Friday, June 17, 2011

Producing Onion Seed


I'm feeling nervous. Maybe you are too. This whole thing with Greece's economy and our own government's spend, spend, spend mentality. It can't go on without dire concequences for everyone. Economies around the world are so interconnected. Out of curiosity, I looked up this morning what the Great Depression's unemployment rate was in the USA, - 24.9 at its height. Greece's is presently at 16%. I believe in order to right our country and our world, it will have to undergo a painful period of time where hearts are changed and budgets readjusted to where we spend what we earn. But you are probably wondering what all that has to do with onion seeds because you know it does somehow, or at least I think it does or I wouldn't have mentioned it? 

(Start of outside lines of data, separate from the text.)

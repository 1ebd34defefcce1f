-- ===== src/Pbft/State.antt =====
-- pbft/pbft_persistent_state.cpp and pbft_persistent_state.hpp: the keys under which the state of the
-- protocol is stored.
pub mod Escapes
use bluzelle.Base.{ℕ, true, false, List, [], ◌∷◌, ◌++◌, Option, none, some, ◌==◌}
use bluzelle.Bytes.{Bytes}

-- '/', '$'
abbrev pub escape_1 : ℕ
escape_1 = 47

abbrev pub escape_2 : ℕ
escape_2 = 36

unfoldable pub escape : Bytes → Bytes
escape [] = []
escape (ch ∷ input) =
    let rest = escape input in
    elim (ch == escape_1) [ true ↦ escape_1 ∷ escape_2 ∷ rest | false ↦ ch ∷ rest ]

abbrev pub put : ℕ → Option Bytes → Option Bytes
put ch none = none
put ch (some output) = some (ch ∷ output)

-- `none` where the code throws.
unfoldable pub unescape : Bytes → Option Bytes
unescape [] = some []
unescape (ch ∷ []) = elim (ch == escape_1) [ true ↦ none | false ↦ some (ch ∷ []) ]
unescape (ch ∷ (next ∷ rest)) = elim (ch == escape_1) [
  | true ↦ elim (next == escape_2) [ true ↦ put ch (unescape rest) | false ↦ none ]
  | false ↦ put ch (unescape (next ∷ rest))
]

-- SEPARATOR
abbrev pub separator : Bytes
separator = 47 ∷ 47 ∷ []

-- `subkeys` are the texts that `to_string` makes of the keys.
unfoldable pub generate_key : List Bytes → Bytes
generate_key [] = []
generate_key (k ∷ rest) = separator ++ (escape k ++ generate_key rest)

-- The member `key` of a value that is stored under `name` and its sub-keys.
abbrev pub storage_key : Bytes → List Bytes → Bytes
storage_key name subkeys = escape name ++ generate_key subkeys

abbrev pub put_first : Bytes → Option (Bytes × Bytes) → Option (Bytes × Bytes)
put_first s none = none
put_first s (some (v0, v1)) = some (s ++ v0, v1)

-- The loop of `extract_subkeys`: the texts on both sides of the first separator; `none` where the
-- assertions after the loop fail.
unfoldable pub split_subkeys : Bytes → Option (Bytes × Bytes)
split_subkeys [] = none
split_subkeys (ch ∷ []) = none
split_subkeys (ch ∷ (next ∷ rest)) = elim (ch == escape_1) [
  | true ↦ elim (next == escape_2) [
    | true ↦ put_first (ch ∷ next ∷ []) (split_subkeys rest)
    | false ↦ elim (next == escape_1) [ true ↦ some ([], rest) | false ↦ none ]
  ]
  | false ↦ put_first (ch ∷ []) (split_subkeys (next ∷ rest))
]

abbrev pub both : Option Bytes → Option Bytes → Option (Bytes × Bytes)
both (some a) (some b) = some (a, b)
both (some a) none = none
both none b = none

unfoldable pub extract_subkeys : Bytes → Option (Bytes × Bytes)
extract_subkeys key = elim (split_subkeys key) [
  | none ↦ none
  | some (v0, v1) ↦ both (unescape v0) (unescape v1)
]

It is in part why I'm working on becoming more self-sufficient. This unrest about the economy and the moral decay of our nation has kicked it into a higher gear. One of the skills I see I need is to learn to produce part of my own garden seeds.  In my ignorance I thought you could just grow a pumpkin, dig the seeds out, dry them, and plant them again. You can but what you'll get I've since learned is a mystery for there is inbreeding, outbreeding, wind pollination, insect pollination, and a raft of other things you need to know in order to make sure you will have a pumpkin seed produce another pumpkin just like it's parent.   
  
And since I'm partial to my food, that is one area I'm working on the hardest. I've several seed saving projects planned for this summer. Onions are one them.


This is one cluster of onions that are in the process of producing seed. Onions grow the first year and then the second year they produce seed. That complicates things because you are suppose to save your loveliest onion and plant it again the next spring. Problem is I've no where to suitable to save it. Oh how I wish I had a cellar. So when I found a few volunteers underneath the tall grass invading my garden. I enlisted them into my learning adventure. Now these are small onions that didn't get enough moisture with my poor care last year. The transplanting of three very small children into your life will do that. So they didn't grow very big. The few onions that did grow to maturity and weren't harvested but lost into the tall grass rotted over the winter. I found a couple small beets trying to sprout in the tall grass also. This has me wondering if I can purposely exploit this trait? It does leave the draw back of not knowing exactly what the plant would look like at maturity. You are suppose to pick you very best for the good reason that you want all the offspring to be like the parents. What you should do and what I'm going to do nare shall meet since I've no cellar or cool place that won't freeze. No, my garage is not an option. When it gets to eighteen below zero F. it freezes in there too.      

As you can see in this photo this is the stage right before the unveiling of the flowers.

But one does what one has to in their circumstance, so here I go. I transplanted the onion volunteers to the new onion patch. Yes patch, for I'm not growing onions in rows this year. Remember the lesson on plots? You can grow over double the amount using plots over the row system in the same amount of space. With limited space, I need maximum number of plants. Most of my garden this year is taking that approach. I'm hoping to work out a good watering system for next year that conserves water, but for now, I'm just patching my plants and figuring that out later. I'm lucky, it has been a good year to do so because we've had lots of rain.

Onions are inbreeding plants, which is the breeding of two genetically similar parents. This makes the project easier because it isn't like the beet volunteers which will breed with every cousin in a five mile radius. That will be interesting keeping the little sluts contained. I wouldn't be doing that project just yet but there were volunteers. What could I say when they raised their little reds heads up and hollered, "Pick me, pick me. I want to grow and produce seeds." In Wyoming, volunteers are not taken lightly.


So it is my understanding, according to the book, that these onion flowers will open over the next month being pollinated by bees and the like.
 Then it will dry up and the seeds will fall. That's where I have to catch it first. I have four plants all blooming. I wonder if it will take all summer to gain seeds? Take into consideration we have a very short one here at 5000 feet way up north and you can see all summer isn't a terribly long period of time.  
Just because I have such a beautiful picture. I'm going to share with you the wild onions on the prairie. Wonder if they are going to breed with my domestic onions? Hmmm... the book said my onion wouldn't breed with chives but wild onions it forgot to inform me about. Alas, the hazards of being ignorant.